El vecindario

El vecindario

Renace la esperanza en Argentina y Venezuela. Pero la crisis brasileña puede afectar a la región.

21 de noviembre 2015 , 08:53 p.m.

El vecindario está agitado. Las elecciones de hoy darán fin a doce años de populismo en Argentina. Y las del 6 de diciembre marcarán el comienzo del fin del chavismo en Venezuela si la presión internacional logra frenar los intentos de fraude y golpe. Pero esas buenas noticias se opacan con el efecto que puede tener la profundización de la crisis brasileña sobre el resto de la región.

Los analistas predicen una contracción económica de 3 % este año en Brasil y de 1,5 % en el 2016. Puede ser peor, pues han ido ajustando sus proyecciones a la baja. Esa contracción perjudica mucho a sus socios de Mercosur, cuyas exportaciones dependen críticamente del mercado brasileño y para los cuales la inversión de las empresas de ese país es su mayor fuente de inversión extranjera.

Pero, aunque la crisis brasileña afecta principalmente a sus vecinos del sur, puede terminar golpeando también al resto de la región y a otras naciones en desarrollo. El mercado de bonos y acciones brasileño es uno de los más grandes y líquidos de los países emergentes. Si los inversionistas internacionales pierden mucha plata en Brasil, venderán activos financieros de otras naciones latinoamericanas y en desarrollo (para compensar sus pérdidas y restaurar su liquidez) y retraerán sus inversiones por temor a una crisis más generalizada en los mercados emergentes. Este tipo de ‘contagio financiero’ ya nos ha afectado en otras ocasiones, en particular después de la crisis rusa de 1998. La crisis colombiana de 1999 se desató precisamente porque perdimos el acceso a los mercados financieros, después de que los inversionistas perdieron mucho en Rusia, y ese hecho desencadenó una retirada de fondos en Brasil y los demás países emergentes. ¡Y eso que no teníamos vínculos económicos con Rusia! Ahora estamos bastante más fuertes que entonces, pero podemos sentir el cimbronazo.
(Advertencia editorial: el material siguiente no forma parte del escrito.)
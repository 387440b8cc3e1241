-- ===== src/Refine.antt =====
-- Refinement of a terminal unit on rasters (crates/core/src/algo/refine.rs), over parameters for
-- `f64` and `f32`, for rasterization and polygonization, and for the declared pairs of CRS and units.
pub mod Steps
use package.watershed_delineation.Prelude.{
  ℕ, Bool, true, false, not, ◌&&◌, ◌||◌, ◌==◌, Option, none, some, List, [], ◌∷◌, Result, ok, err,
  Outcome, if◌then◌else◌,
}
use package.watershed_delineation.Prelude.Floats.{Floats}
use package.watershed_delineation.Raster.Grid.{GridCoord, GridDims}
use package.watershed_delineation.Raster.Tile.{RasterTileError}
use package.watershed_delineation.Raster.AccTile.{SnapThreshold}
use package.watershed_delineation.Raster.Mask.{CatchmentMask}
use package.watershed_delineation.Geo.{NativeCoord, GeoTransform}
use package.watershed_delineation.Seed.{FlowAccumulationUnits, SnappedPoint, SnapError}

-- The authority of the outlet: a vector point, or a request point within a unit.
pub data RasterOutlet (F : Type 0) : Type 0 where
  vector_point unit_only : NativeCoord F → RasterOutlet F

pub data RasterSeedKind : Type 0 where
  vector_quantized raster_ranked : RasterSeedKind

pub data VectorOutletGuardFailureKind : Type 0 where
  grid_mapping outside_terminal_mask undefined_flow_direction undefined_accumulation
        below_threshold :
      VectorOutletGuardFailureKind

pub record VectorOutletGuardFailure (A : Type 0) : Type 0 where
  pub kind : VectorOutletGuardFailureKind
  pub requested_threshold : SnapThreshold
  pub effective_threshold : A
  pub units : FlowAccumulationUnits
  pub mapped_cell : Option GridCoord
  pub measured_accumulation : Option A

-- `L` and `P` are the errors of the raster source and of the projection. The fields are the rows and columns
-- of both tiles; rows and columns; rows and columns; an error or a failure; `epsg` and units; `epsg` and an error.
pub data RefinementError (F A L P : Type 0) : Type 0 where
  dimension_mismatch : ℕ → ℕ → ℕ → ℕ → RefinementError F A L P
  geo_transform_mismatch : ℕ → ℕ → RefinementError F A L P
  degenerate_terminal_polygon : RefinementError F A L P
  empty_raster_mask : ℕ → ℕ → RefinementError F A L P
  mask_failed : RasterTileError → RefinementError F A L P
  snap_failed : SnapError F A → RefinementError F A L P
  vector_outlet_unusable : VectorOutletGuardFailure A → RefinementError F A L P
  empty_polygonization : RefinementError F A L P
  raster_load : L → RefinementError F A L P
  geographic_km2_unsupported : ℕ → FlowAccumulationUnits → RefinementError F A L P
  inverse_projection : ℕ → P → RefinementError F A L P

pub record RefinementResult (F A Shape : Type 0) : Type 0 where
  pub snapped_point : SnappedPoint F A
  pub seed_kind : RasterSeedKind
  pub polygon : Shape

abbrev pub snapped_coord : {F A Shape : Type 0} → RefinementResult F A Shape → NativeCoord F
snapped_coord r = r.snapped_point.coord

-- What the refinement uses of its neighbours: `d8_pair_is_compatible` of the declared `EPSG:` code and units,
-- `rasterize_multi_polygon`, `polygonize` and the cast to `f32`.
pub record Rasters (F A Shape : Type 0) : Type 0 where
  pub as_f32 : F → A
  pub d8_pair_is_compatible : ℕ → FlowAccumulationUnits → Bool
  pub rasterize_multi_polygon : Shape → GeoTransform F → GridDims → List Bool
  pub polygonize : CatchmentMask → GeoTransform F → Option Shape

-- `any(|&value| value)`.
abbrev pub any_marked : List Bool → Bool
any_marked [] = false
any_marked (v ∷ vs) = v || any_marked vs

-- The derived `==` of transforms.
abbrev pub same_geo : {F : Type 0} → Floats F → GeoTransform F → GeoTransform F → Bool
same_geo {F = F} fl g h =
    let same : F → F → Bool = λ a b. fl.at_most a b && fl.at_most b a in
    same g.origin_x h.origin_x
    && same g.origin_y h.origin_y
    && same g.pixel_width h.pixel_width
    && same g.pixel_height h.pixel_height

abbrev pub same_dims : GridDims → GridDims → Bool
same_dims d e = d.rows == e.rows && d.cols == e.cols
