-- ===== src/Seed/Snap.antt =====
-- `snap_pour_point` (crates/core/src/algo/snap.rs).
pub mod Choice
use package.watershed_delineation.Prelude.{ℕ}
use package.watershed_delineation.Prelude.Floats.{Floats}
use package.watershed_delineation.Prelude.Calls.{Call, done, ◌>>=◌, of_outcome, of_result, or_fail}
use package.watershed_delineation.Raster.FlowTile.{TileState}
use package.watershed_delineation.Raster.AccTile.{AccumulationTile, SnapThreshold, dims}
use package.watershed_delineation.Geo.{NativeCoord, GeoTransform, pixel_to_coord}
use package.watershed_delineation.Seed.{
  FlowAccumulationUnits, SnappedPoint, SnapError, no_cell_above_threshold, outlet_out_of_bounds,
  quantize_grid_cell, effective_threshold, raster_seed_candidates, rank_seeds,
}

module _ {F A : Type 0} (fl : Floats F) (fs : Floats A) (to_f32 : F → A) where
  pub snap_pour_point :
      {S : TileState}
      → NativeCoord F
      → AccumulationTile (GeoTransform F) A S
      → SnapThreshold
      → FlowAccumulationUnits
      → ℕ
      → Call (SnapError F A) (SnappedPoint F A)
  snap_pour_point outlet accumulation threshold units epsg = do
    let geo = accumulation.inner.geo
    let d = dims accumulation
    let refused = outlet_out_of_bounds epsg outlet d
    _ ← of_result (λ _. refused) (quantize_grid_cell fl outlet geo d epsg)
    let least = effective_threshold fl fs to_f32 threshold units geo
    candidates ← of_outcome (raster_seed_candidates fl fs outlet accumulation least)
    candidate ←
        or_fail (no_cell_above_threshold least units epsg outlet) (rank_seeds fl fs candidates)
    done (record {
      cell = candidate.cell;
      coord = pixel_to_coord fl geo candidate.cell;
      accumulation = candidate.accumulation;
    })
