-- ===== src/Trace.antt =====
-- The trace of the cells upstream of a pour point (crates/core/src/algo/trace.rs).
pub mod Region
mod Scan
pub mod Correct
mod Examples
use package.watershed_delineation.Prelude.{
  ℕ, zero, suc, ◌+◌, ◌*◌, ◌≡◌, Bool, true, false, Option, none, some, List, [], ◌∷◌, Outcome,
  returns, panics, out_of_fuel, ◌>>=◌, or_panic, get_elem?, set, replicate, length, ltb,
  if◌then◌else◌,
}
use package.watershed_delineation.Prelude.Int.{ℤ, pos, pos_part, ◌+ℤ◌}
use package.watershed_delineation.Raster.Grid.{GridCoord, GridDims, flat}
use package.watershed_delineation.Raster.FlowDir.{
  FlowDir, east, southeast, south, southwest, west, northwest, north, northeast, all, dx, dy,
  opposite,
}
use package.watershed_delineation.Raster.FlowTile
use package.watershed_delineation.Raster.FlowTile.{FlowDirectionTile, TileState}
use package.watershed_delineation.Raster.Mask.{CatchmentMask, from_traced}

-- `visited` and `stack`; the head of the list is the top of the stack.
pub record Search : Type 0 where
  pub visited : List Bool
  pub stack : List GridCoord

-- The derived `==` of directions.
abbrev pub same_dir : FlowDir → FlowDir → Bool
same_dir east east = true
same_dir southeast southeast = true
same_dir south south = true
same_dir southwest southwest = true
same_dir west west = true
same_dir northwest northwest = true
same_dir north north = true
same_dir northeast northeast = true
same_dir d e = false

-- The guard `Some(neighbor_dir) && neighbor_dir == dir.opposite()`.
abbrev pub flows_back : FlowDir → Option FlowDir → Bool
flows_back dir none = false
flows_back dir (some d) = same_dir d (opposite dir)

-- `if !visited[idx] { visited[idx] = true; stack.push(..) }`.
pub mark : ℕ → GridCoord → Search → Outcome Search
mark cols p s = do
  let idx = flat cols p
  seen ← or_panic (get_elem? s.visited idx)
  returns (if seen then s else record { visited = set s.visited idx true; stack = p ∷ s.stack })

module _ {G : Type 0} {S : TileState} (t : FlowDirectionTile G S) where
  -- The body of the loop over the directions.
  pub visit : GridCoord → FlowDir → Search → Outcome Search
  visit q dir s = do
    let nr = pos q.row +ℤ dy dir
    let nc = pos q.col +ℤ dx dir
    found ← FlowTile.get_checked t nr nc
    let marked = mark t.inner.cols (record { row = pos_part nr; col = pos_part nc }) s
    if flows_back dir found then marked else returns s

  pub scan : GridCoord → List FlowDir → Search → Outcome Search
  scan q [] s = returns s
  scan q (dir ∷ dirs) s = visit q dir s >>= scan q dirs

  -- The `while let` loop.
  pub search_loop : ℕ → List Bool → List GridCoord → Outcome (List Bool)
  search_loop fuel visited [] = returns visited
  search_loop zero visited (q ∷ stack) = out_of_fuel
  search_loop (suc fuel) visited (q ∷ stack) =
      scan q all (record { visited = visited; stack = stack }) >>= λ s.
      search_loop fuel s.visited s.stack

  -- Each round pops one cell and pushes only cells that it marks, so a round for each cell of the
  -- grid is enough.
  pub trace_upstream : GridCoord → Outcome CatchmentMask
  trace_upstream pour = do
    let dims = FlowTile.dims t
    let cells = dims.rows * dims.cols
    let idx = flat dims.cols pour
    let visited = set (replicate cells false) idx true
    let traced = search_loop cells visited (pour ∷ [])
    visited ← if ltb idx cells then traced else panics
    from_traced visited dims
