-- ===== src/Refine/Steps.antt =====
-- `refine_terminal` and `refine_terminal_from_source` (crates/core/src/algo/refine.rs).
pub mod Guards
pub mod Contained
mod Examples
use package.watershed_delineation.Prelude.{
  ℕ, Bool, true, false, not, Option, none, some, List, Result, if◌then◌else◌,
}
use package.watershed_delineation.Prelude.Floats.{Floats}
use package.watershed_delineation.Prelude.Calls.{
  Call, done, fails, panics, out_of_fuel, ◌>>=◌, of_outcome, of_result, or_fail, require,
}
use package.watershed_delineation.Raster.Grid.{GridCoord, GridDims}
use package.watershed_delineation.Raster.FlowDir.{FlowDirEncoding}
use package.watershed_delineation.Raster.FlowTile
use package.watershed_delineation.Raster.FlowTile.{FlowDirectionTile, raw, masked}
use package.watershed_delineation.Raster.AccTile
use package.watershed_delineation.Raster.AccTile.{AccumulationTile, SnapThreshold}
use package.watershed_delineation.Raster.Mask.{CatchmentMask, contains, from_traced}
use package.watershed_delineation.Geo.{NativeCoord, GeoTransform, pixel_to_coord}
use package.watershed_delineation.Seed.{
  FlowAccumulationUnits, SnappedPoint, SnapError, quantize_grid_cell, effective_threshold,
}
use package.watershed_delineation.Seed.Snap.{snap_pour_point}
use package.watershed_delineation.Trace.{trace_upstream}
use package.watershed_delineation.Refine.{
  RasterOutlet, vector_point, unit_only, RasterSeedKind, vector_quantized, raster_ranked,
  VectorOutletGuardFailureKind, grid_mapping, outside_terminal_mask, undefined_flow_direction,
  undefined_accumulation, below_threshold, VectorOutletGuardFailure, RefinementError,
  dimension_mismatch, geo_transform_mismatch, degenerate_terminal_polygon, empty_raster_mask,
  mask_failed, snap_failed, vector_outlet_unusable, empty_polygonization, raster_load,
  geographic_km2_unsupported, RefinementResult, Rasters, any_marked, same_geo, same_dims,
}

abbrev pub is_defined : {A : Type 0} → Option A → Bool
is_defined none = false
is_defined (some a) = true

-- `?` under `From<SnapError>`.
abbrev pub of_snap :
    {F A L P R : Type 0} → Call (SnapError F A) R → Call (RefinementError F A L P) R
of_snap (done r) = done r
of_snap (fails e) = fails (snap_failed e)
of_snap panics = panics
of_snap out_of_fuel = out_of_fuel

module _ {F A Shape L P : Type 0} (fl : Floats F) (fs : Floats A) (rasters : Rasters F A Shape)
    (threshold : SnapThreshold) (units : FlowAccumulationUnits) (epsg : ℕ) where
  abbrev pub unusable :
      A → VectorOutletGuardFailureKind → Option GridCoord → Option A → RefinementError F A L P
  unusable least kind mapped measured = vector_outlet_unusable (record {
    kind = kind;
    requested_threshold = threshold;
    effective_threshold = least;
    units = units;
    mapped_cell = mapped;
    measured_accumulation = measured;
  })

  -- The guard of a vector point, in step 4.
  pub guarded_seed :
      NativeCoord F
      → FlowDirectionTile (GeoTransform F) raw
      → AccumulationTile (GeoTransform F) A raw
      → CatchmentMask
      → A
      → Call (RefinementError F A L P) (SnappedPoint F A)
  guarded_seed vector flow_dir accumulation catchment_mask least = do
    let geo = flow_dir.inner.geo
    mapped ←
        of_result (λ _. unusable least grid_mapping none none)
          (quantize_grid_cell fl vector geo (FlowTile.dims flow_dir) epsg)
    inside ← of_outcome (contains catchment_mask mapped)
    value ← of_outcome (AccTile.get fs accumulation mapped)
    _ ← require inside (unusable least outside_terminal_mask (some mapped) value)
    decoded ← of_outcome (FlowTile.decoded_cell flow_dir mapped)
    _ ← require (is_defined decoded) (unusable least undefined_flow_direction (some mapped) value)
    measured ← or_fail (unusable least undefined_accumulation (some mapped) none) value
    _ ←
        require (not (fs.less measured least))
          (unusable least below_threshold (some mapped) (some measured))
    done (record { cell = mapped; coord = pixel_to_coord fl geo mapped; accumulation = measured })

  abbrev pub prepared_seed :
      RasterOutlet F
      → FlowDirectionTile (GeoTransform F) raw
      → AccumulationTile (GeoTransform F) A raw
      → CatchmentMask
      → A
      → Call (RefinementError F A L P) (Option (SnappedPoint F A))
  prepared_seed (vector_point v) flow_dir accumulation catchment_mask least =
      guarded_seed v flow_dir accumulation catchment_mask least >>= λ seed. done (some seed)
  prepared_seed (unit_only request) flow_dir accumulation catchment_mask least = done none

  -- Step 6; the other pairs are unreachable.
  abbrev pub chosen_seed :
      RasterOutlet F
      → Option (SnappedPoint F A)
      → AccumulationTile (GeoTransform F) A masked
      → Call (RefinementError F A L P) (SnappedPoint F A × RasterSeedKind)
  chosen_seed (vector_point v) (some seed) masked_acc = done (seed, vector_quantized)
  chosen_seed (unit_only request) none masked_acc =
      of_snap (snap_pour_point fl fs rasters.as_f32 request masked_acc threshold units epsg)
      >>= λ seed. done (seed, raster_ranked)
  chosen_seed (vector_point v) none masked_acc = panics
  chosen_seed (unit_only request) (some seed) masked_acc = panics

  -- Steps 4 to 9, for a mask that is not empty.
  pub refine_masked :
      RasterOutlet F
      → FlowDirectionTile (GeoTransform F) raw
      → AccumulationTile (GeoTransform F) A raw
      → CatchmentMask
      → Call (RefinementError F A L P) (RefinementResult F A Shape)
  refine_masked outlet flow_dir accumulation catchment_mask = do
    let geo = flow_dir.inner.geo
    let least = effective_threshold fl fs rasters.as_f32 threshold units geo
    vector_seed ← prepared_seed outlet flow_dir accumulation catchment_mask least
    masked_flow_dir ← of_result mask_failed (FlowTile.apply_mask flow_dir catchment_mask)
    masked_acc ← of_result mask_failed (AccTile.apply_mask fs accumulation catchment_mask)
    chosen ← chosen_seed outlet vector_seed masked_acc
    trace_mask ← of_outcome (trace_upstream masked_flow_dir chosen.0.cell)
    polygon ← or_fail empty_polygonization (rasters.polygonize trace_mask geo)
    done (record { snapped_point = chosen.0; seed_kind = chosen.1; polygon = polygon })

  pub refine_terminal :
      Shape
      → RasterOutlet F
      → FlowDirectionTile (GeoTransform F) raw
      → AccumulationTile (GeoTransform F) A raw
      → Call (RefinementError F A L P) (RefinementResult F A Shape)
  refine_terminal terminal_polygon outlet flow_dir accumulation = do
    _ ← require (rasters.d8_pair_is_compatible epsg units) (geographic_km2_unsupported epsg units)
    let fd = FlowTile.dims flow_dir
    let acc = AccTile.dims accumulation
    _ ← require (same_dims fd acc) (dimension_mismatch fd.rows fd.cols acc.rows acc.cols)
    let geo = flow_dir.inner.geo
    _ ← require (same_geo fl geo accumulation.inner.geo) (geo_transform_mismatch fd.rows fd.cols)
    let mask_data = rasters.rasterize_multi_polygon terminal_polygon geo fd
    _ ← require (any_marked mask_data) (empty_raster_mask fd.rows fd.cols)
    catchment_mask ← of_outcome (from_traced mask_data fd)
    refine_masked outlet flow_dir accumulation catchment_mask

  -- The arguments are the bounding rectangle of a polygon, and the loads from the source.
  pub refine_terminal_from_source :
      {Rect Uri : Type 0}
      → (Shape → Option Rect)
      → (Uri → Rect → FlowDirEncoding → Result (FlowDirectionTile (GeoTransform F) raw) L)
      → (Uri → Rect → Result (AccumulationTile (GeoTransform F) A raw) L)
      → Uri
      → Uri
      → Shape
      → RasterOutlet F
      → FlowDirEncoding
      → Call (RefinementError F A L P) (RefinementResult F A Shape)
  refine_terminal_from_source bounding_rect load_flow_direction load_accumulation flow_dir_uri
        flow_acc_uri terminal_polygon outlet encoding =
      do
        bbox ← or_fail degenerate_terminal_polygon (bounding_rect terminal_polygon)
        flow_dir ← of_result raster_load (load_flow_direction flow_dir_uri bbox encoding)
        accumulation ← of_result raster_load (load_accumulation flow_acc_uri bbox)
        refine_terminal terminal_polygon outlet flow_dir accumulation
El detonante de un proceso de contagio puede ser la pérdida del grado de inversión de Brasil, pues ya dos de las tres agencias calificadoras han bajado su calificación de riesgo. Para evitar este resultado, Brasil tiene que hacer un ajuste fiscal severo, pues la crisis de confianza se originó en el deterioro reciente de sus finanzas públicas. Brasil mantuvo desde la crisis de 1999 un superávit fiscal primario –sin contar el pago de intereses– mayor al 3 % del PIB, durante todo el segundo gobierno de Cardoso y los dos de Lula. Pero ahora tiene un déficit primario de casi 2 % del PIB. Como consecuencia, su deuda pública se ha disparado. Y la crisis de confianza elevó las tasas de interés, aun por encima de los aumentos que tuvo que hacer el Banco Central para frenar las presiones inflacionarias. Con ello crecieron los pagos de intereses del Gobierno y se elevó aún más el déficit fiscal total. De seguir esta espiral, Brasil eventualmente no podrá pagar su deuda pública. Y una moratoria brasileña ocasionaría una ola de contagio financiero que nos afectaría mucho.

¿Cómo puede detenerse esta debacle? Con un paquete fuerte de ajuste fiscal y el apoyo del Fondo Monetario*, que existe precisamente para estos casos. La presidenta Dilma Rousseff nombró hace poco un ministro de Hacienda ortodoxo, que presentó un paquete fiscal ambicioso al Congreso. Pero la crisis política ha dificultado su aprobación. Y ella no quiere acudir al Fondo por razones ideológicas. La cosa se está poniendo fea. Los demás presidentes latinoamericanos deberían aconsejar y apoyar a Dilma, por su propio interés.

Al lado de Brasil, los argentinos votan hoy esperanzados por un nuevo gobierno, que promete dejar atrás el populismo que llevó al país a su crisis económica actual. Pero salir del hueco actual no les será fácil, y menos aún con su principal socio comercial en crisis.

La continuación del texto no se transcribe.